Garrett Hardin wrote a seminal environmental piece many years ago titled The Tragedy Of The Commons. We should all be rereading it. As the summer of 2015 winds down, many folks (including visitors) have commented that the traffic is the worst ever. Many Islanders and not a few visitors have commented that aside from work and family related commitments, they barely leave their houses during July and August — a period that is now stretching back to mid May.

Indeed, some have commented that they can’t leave their own properties at times since the struggle to get out into traffic is so onerous. A case in point, last Saturday, traffic into West Tisbury was backed up for over a mile in virtually every direction (to the hostel on the easterly side and past the Chilmark line on the south side). Sunset hour in Menemsha has become such a traffic snarl (and very dangerous to boot) that alternative parking and a free shuttle bus have been provided at the Chilmark landfill.

Yesterday, at 0910, on a trip back from the Sailing Camp in Oak Bluffs, I counted (and then stopped counting) 75 vehicles headed north on Barnes Road between the roundabout and the intersection of the Edgartown-West Tisbury Road. This isn’t pleasant; it isn’t rational and it definitely isn’t safe. The question of why do visitors put up with this should instead be why do we put up with this situation?

The solution is not more roads, bigger parking lots, or wider roads (although more bike paths and pedestrian ways free of vehicles would be a boon); the solution is much simpler and much less expensive. The solution is fewer vehicles, lest we turn into the slowly moving parking lot that we are rapidly approaching. Do the math: If there are 100,000 hypothetical people here (an underestimate) and one in four is in a vehicle going somewhere during the day, that means 25,000 vehicles on the road. We are an Island of somewhat less than 100 square miles, and maybe 75 miles of road public road, with a few dirt roads thrown in. That divides out to 333.3 vehicles on each and every mile. Sounds like Manhattan doesn’t it?

The traffic (exhaust, noise, dangerous driving, long delays) is only a symptom of a lingering and possibly fatal illness. Taking the bus is one alternative which helps and so are bicycle riders and pedestrians, but the more important alternative is coming up with an economy which does not rely on tourism and second home rentals.
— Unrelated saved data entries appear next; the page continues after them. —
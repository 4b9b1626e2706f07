-- ===== src/Tree/Build/Checkouts.antt =====
-- tree.go: every checkout of the input has its node in the store that the loops of Build leave.
use mathlib.Core.List.{Memᴰ}
use mathlib.Core.List.Memᴰ
use repo_man.Tree.{holds}
use repo_man.Model.{Repo, Ghost, Owner, owner_rel, ghost_slug}
use repo_man.Model.Node.{ghost}
use repo_man.Tree.Build.{
  Cell, Builder, Placed, Input, each, after, add_dir, dir_at, with_ghost, place, place_repo,
  place_worktree, ghost_path, ghost_placed, unless_taken, place_ghost, cloned_slugs, root_builder,
  with_paths, hang_all, place_all,
}
use repo_man.Tree.Build.Cells.{Holds, each-Holds}
use repo_man.Tree.Build.Store.{cell_at}
use repo_man.Tree.Build.Sound.{
  IsKinded, IsSound, Extends, Extends-refl, change-IsSound, change-Extends,
}
use repo_man.Tree.Build.Growing.{IsGrown, grown, IsGrown-trans, Leads, dir_at-Leads, place-Leads}
use repo_man.Tree.Build.Naming.{Names, both-Holds, map-Holds, dir_at-Names}
use repo_man.Tree.Build.Covering.{Apart, Stepped, Covered, each-Covered}
use repo_man.Tree.Build.Worktrees.{IsHung, HasWorktree, Any, place_worktree-Stepped}
use repo_man.Tree.Build.Primaries.{
  Has, extended, IsBuilt, IsPlaced, AreApart, IsListed, if-cases, place_repo-Stepped,
}
use repo_man.Base.{
  ℕ, zero, suc, ◌≡◌, refl, ap, sym, subst, Bool, true, List, [], ◌∷◌, Option, none, some, Str, Dict,
  arith, eqb_iff, lookup, Bool-cases, inl, inr,
}

-- The loop over the ghosts.
module _ (b₀ : Builder) where
  abbrev IsAfter : Builder → Type 0
  IsAfter b = IsGrown b₀ b

  ghost_placed-IsAfter :
      (g : Ghost) (b : Builder) (o : Option (ℕ × Builder))
      → IsAfter b
      → Holds (Leads b) o
      → Holds IsAfter (ghost_placed g o)
  ghost_placed-IsAfter g b none a h = tt
  ghost_placed-IsAfter g b (some (id, b₁)) a (l, f) = IsGrown-trans b₀ b _ a (
      IsGrown-trans b b₁ _ f (record {
        sound = change-IsSound id (with_ghost g) (λ c. refl) b₁ (λ c h k. k) f.sound;
        extends = change-Extends id (with_ghost g) (λ c. refl) b₁ (λ c. refl);
      }))

  unless_taken-IsAfter :
      (g : Ghost) (b : Builder) (o : Option ℕ) → IsAfter b → Holds IsAfter (unless_taken g b o)
  unless_taken-IsAfter g b (some id) a = a
  unless_taken-IsAfter g b none a =
      ghost_placed-IsAfter g b (place (ghost_path g) ghost b) a
        (place-Leads (ghost_path g) ghost b (λ e. cc) a.sound)

  place_ghost-IsAfter :
      (cloned : Dict Bool) (g : Ghost) (b : Builder)
      → IsAfter b
      → Holds IsAfter (place_ghost cloned g b)
  unfolding place_ghost
  place_ghost-IsAfter cloned g b a =
      if-cases IsAfter (holds (lookup (ghost_slug g) cloned)) (some b) _ (λ e. a)
        (λ e. unless_taken-IsAfter g b (lookup (ghost_path g) b.nodes) a)

-- The loops over the directories and the owners.
after-IsBuilt :
    (b : Builder) (o : Option (ℕ × Builder))
    → Holds (λ s. Leads b s × Names b s) o
    → Holds IsBuilt (after o)
after-IsBuilt b none h = tt
after-IsBuilt b (some (id, b₁)) ((l, g), n) = (g.sound, n.distinct)

add_dir-IsBuilt : (rel : Str) (b : Builder) → IsBuilt b → Holds IsBuilt (add_dir rel b)
unfolding add_dir
add_dir-IsBuilt rel b (s, d) =
    after-IsBuilt b (dir_at rel b) (
      both-Holds (Leads b) (Names b) (dir_at rel b) (dir_at-Leads rel b s) (dir_at-Names rel b s d))

alone : (d : Cell) (k : ℕ) (c : Cell) → cell_at k (d ∷ []) ≡ some c → c ≡ d
unfolding cell_at
alone d zero c h = cc
alone d (suc k) c h = absurd (cc (h))

root_builder-IsBuilt : (root : Str) → IsBuilt (root_builder root)
unfolding root_builder lookup cell_at
root_builder-IsBuilt root = (
  record {
    begun = omega arith;
    forward = λ k c h id m.
        absurd (Memᴰ.not-nil (subst (Memᴰ id) (ap (λ (x : Cell). x.children) (alone _ k c h)) m));
    rooted = λ k z h. absurd (omega (arith, z, h));
    named = λ q k h. ground (arith, eqb_iff [] q, h);
    kinded = λ k c h.
        subst (λ (x : Cell). IsKinded x.info) (sym (alone _ k c h)) (λ r e. absurd (cc (e)));
  },
  λ p q k x y. ground (arith, eqb_iff [] p, eqb_iff [] q, x, y),
)

-- What the loops bring about.
abbrev IsCovered : List Repo → Placed → Type 0
IsCovered rs p = IsPlaced p × ((r : Repo) → Memᴰ r rs → IsListed r p)

with_paths-IsPlaced : (o : Option Builder) → Holds IsBuilt o → Holds IsPlaced (with_paths o)
unfolding lookup
with_paths-IsPlaced none h = tt
with_paths-IsPlaced (some b) h = (h, λ q k e. absurd (cc (e)))

primaries-IsCovered :
    (rs : List Repo) (o : Option Placed)
    → Apart AreApart rs
    → Holds IsPlaced o
    → Holds (IsCovered rs) (each place_repo rs o)
primaries-IsCovered [] none a h = tt
primaries-IsCovered (r ∷ rs) none a h = tt
primaries-IsCovered rs (some p) a h =
    map-Holds (Covered IsPlaced IsListed AreApart place_repo rs p) (IsCovered rs)
      (each place_repo rs (some p)) (λ s c. (c.0, c.1))
      (each-Covered IsPlaced IsListed AreApart place_repo place_repo-Stepped rs p a h)

-- The store of Build, with every checkout of a list.
abbrev pub IsComplete : List Repo → Builder → Type 0
IsComplete rs b = IsSound b × ((r : Repo) → Memᴰ r rs → Has r b)

every-Apart : (paths : Dict ℕ) (b : Builder) (rs : List Repo) → Apart (Any paths b) rs
every-Apart paths b [] = tt
every-Apart paths b (r ∷ rs) = ((λ y m. tt), every-Apart paths b rs)

either_kind :
    (rs : List Repo) (b b' : Builder) (paths : Dict ℕ)
    → IsCovered rs (b, paths)
    → Extends b b'
    → ((r : Repo) → Memᴰ r rs → r.is_worktree ≡ true → Has r b')
    → (r : Repo) → Memᴰ r rs
    → Has r b'
either_kind rs b b' paths c e w r m = elim (Bool-cases r.is_worktree) [
  | inl y ↦ w r m y
  | inr n ↦ let (k, at_k, cell, at, same) = c.1 r m n in extended r b b' e (k, cell, at, same)
]

place_ghost-IsComplete :
    (rs : List Repo) (cloned : Dict Bool) (g : Ghost) (b : Builder)
    → IsComplete rs b
    → Holds (IsComplete rs) (place_ghost cloned g b)
place_ghost-IsComplete rs cloned g b c =
    map-Holds (IsAfter b) (IsComplete rs) (place_ghost cloned g b)
      (λ s a. (a.sound, λ r m. extended r b s a.extends (c.1 r m)))
      (place_ghost-IsAfter b cloned g b (grown b c.0))

worktrees-IsComplete :
    (rs : List Repo) (b : Builder) (paths : Dict ℕ)
    → IsCovered rs (b, paths)
    → Holds (IsComplete rs) (each (place_worktree paths) rs (some b))
worktrees-IsComplete rs b paths h =
    map-Holds
      (Covered (IsHung paths b) (HasWorktree paths b) (Any paths b) (place_worktree paths) rs b)
      (IsComplete rs) (each (place_worktree paths) rs (some b))
      (λ s c. (c.0.0, either_kind rs b s paths h c.0.2 (λ r m. c.1 r m)))
      (each-Covered (IsHung paths b) (HasWorktree paths b) (Any paths b) (place_worktree paths)
        (place_worktree-Stepped paths b) rs b (every-Apart paths b rs)
        (h.0.0.0, h.0.1, Extends-refl b))

hang_all-IsComplete :
    (input : Input) (o : Option Placed)
    → Holds (IsCovered input.repos) o
    → Holds (IsComplete input.repos) (hang_all input o)
hang_all-IsComplete input none h = tt
hang_all-IsComplete input (some (b, paths)) h =
    each-Holds (IsComplete input.repos) (place_ghost (cloned_slugs input.repos [])) input.ghosts _
      (place_ghost-IsComplete input.repos (cloned_slugs input.repos []))
      (worktrees-IsComplete input.repos b paths h)

-- The store that Build leaves is sound and has a node for every checkout of the input, where no two
-- primary ones have one path.
pub place_all-IsComplete :
    (input : Input) → Apart AreApart input.repos → Holds (IsComplete input.repos) (place_all input)
unfolding place_all
place_all-IsComplete input a =
    let first =
      each-Holds IsBuilt add_dir input.dirs (some (root_builder input.root)) add_dir-IsBuilt
        (root_builder-IsBuilt input.root) in
    let second =
      each-Holds IsBuilt (λ (o : Owner). add_dir (owner_rel o)) input.owners _
        (λ o. add_dir-IsBuilt (owner_rel o)) first in
    hang_all-IsComplete input _ (primaries-IsCovered input.repos _ a (with_paths-IsPlaced _ second))

hang_all-IsSound :
    (input : Input) (o : Option Placed) → Holds IsPlaced o → Holds IsSound (hang_all input o)
hang_all-IsSound input none h = tt
hang_all-IsSound input (some (b, paths)) h =
    each-Holds IsSound (place_ghost cloned) input.ghosts _
      (λ g c s.
        map-Holds (IsAfter c) IsSound (place_ghost cloned g c) (λ d a. a.sound)
          (place_ghost-IsAfter c cloned g c (grown c s)))
      (map-Holds
        (Covered (IsHung paths b) (HasWorktree paths b) (Any paths b) (place_worktree paths)
          input.repos b)
        IsSound (each (place_worktree paths) input.repos (some b)) (λ s c. c.0.0)
        (each-Covered (IsHung paths b) (HasWorktree paths b) (Any paths b) (place_worktree paths)
          (place_worktree-Stepped paths b) input.repos b (every-Apart paths b input.repos)
          (h.0.0, h.1, Extends-refl b)))
  where
    cloned : Dict Bool
    cloned = cloned_slugs input.repos []

-- The pointers of the store that Build leaves are sound, whatever the input is: each leads from a
-- cell to a later one, so there is no cycle, and every cell but the root is led to.
pub place_all-IsSound : (input : Input) → Holds IsSound (place_all input)
unfolding place_all
place_all-IsSound input =
    let first =
      each-Holds IsBuilt add_dir input.dirs (some (root_builder input.root)) add_dir-IsBuilt
        (root_builder-IsBuilt input.root) in
    let second =
      each-Holds IsBuilt (λ (o : Owner). add_dir (owner_rel o)) input.owners _
        (λ o. add_dir-IsBuilt (owner_rel o)) first in
    hang_all-IsSound input _ (
      each-Holds IsPlaced place_repo input.repos _
        (λ r p i.
          map-Holds (Stepped IsPlaced IsListed AreApart place_repo r p) IsPlaced (place_repo r p)
            (λ q s. s.0) (place_repo-Stepped r p i))
        (with_paths-IsPlaced _ second))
We all can puzzle out that such economy is a chimera because basically there are only four months of income to cover 12 months of outgo, and much of that income flows off Island to second home owners or to hotel owners, or even to other countries in the form of wages and tips.

So read my lips: It is time for economic change, and every time you doubt the wisdom of that, count the passing cars. You will agree that we’ve got far too many here for too much of the year.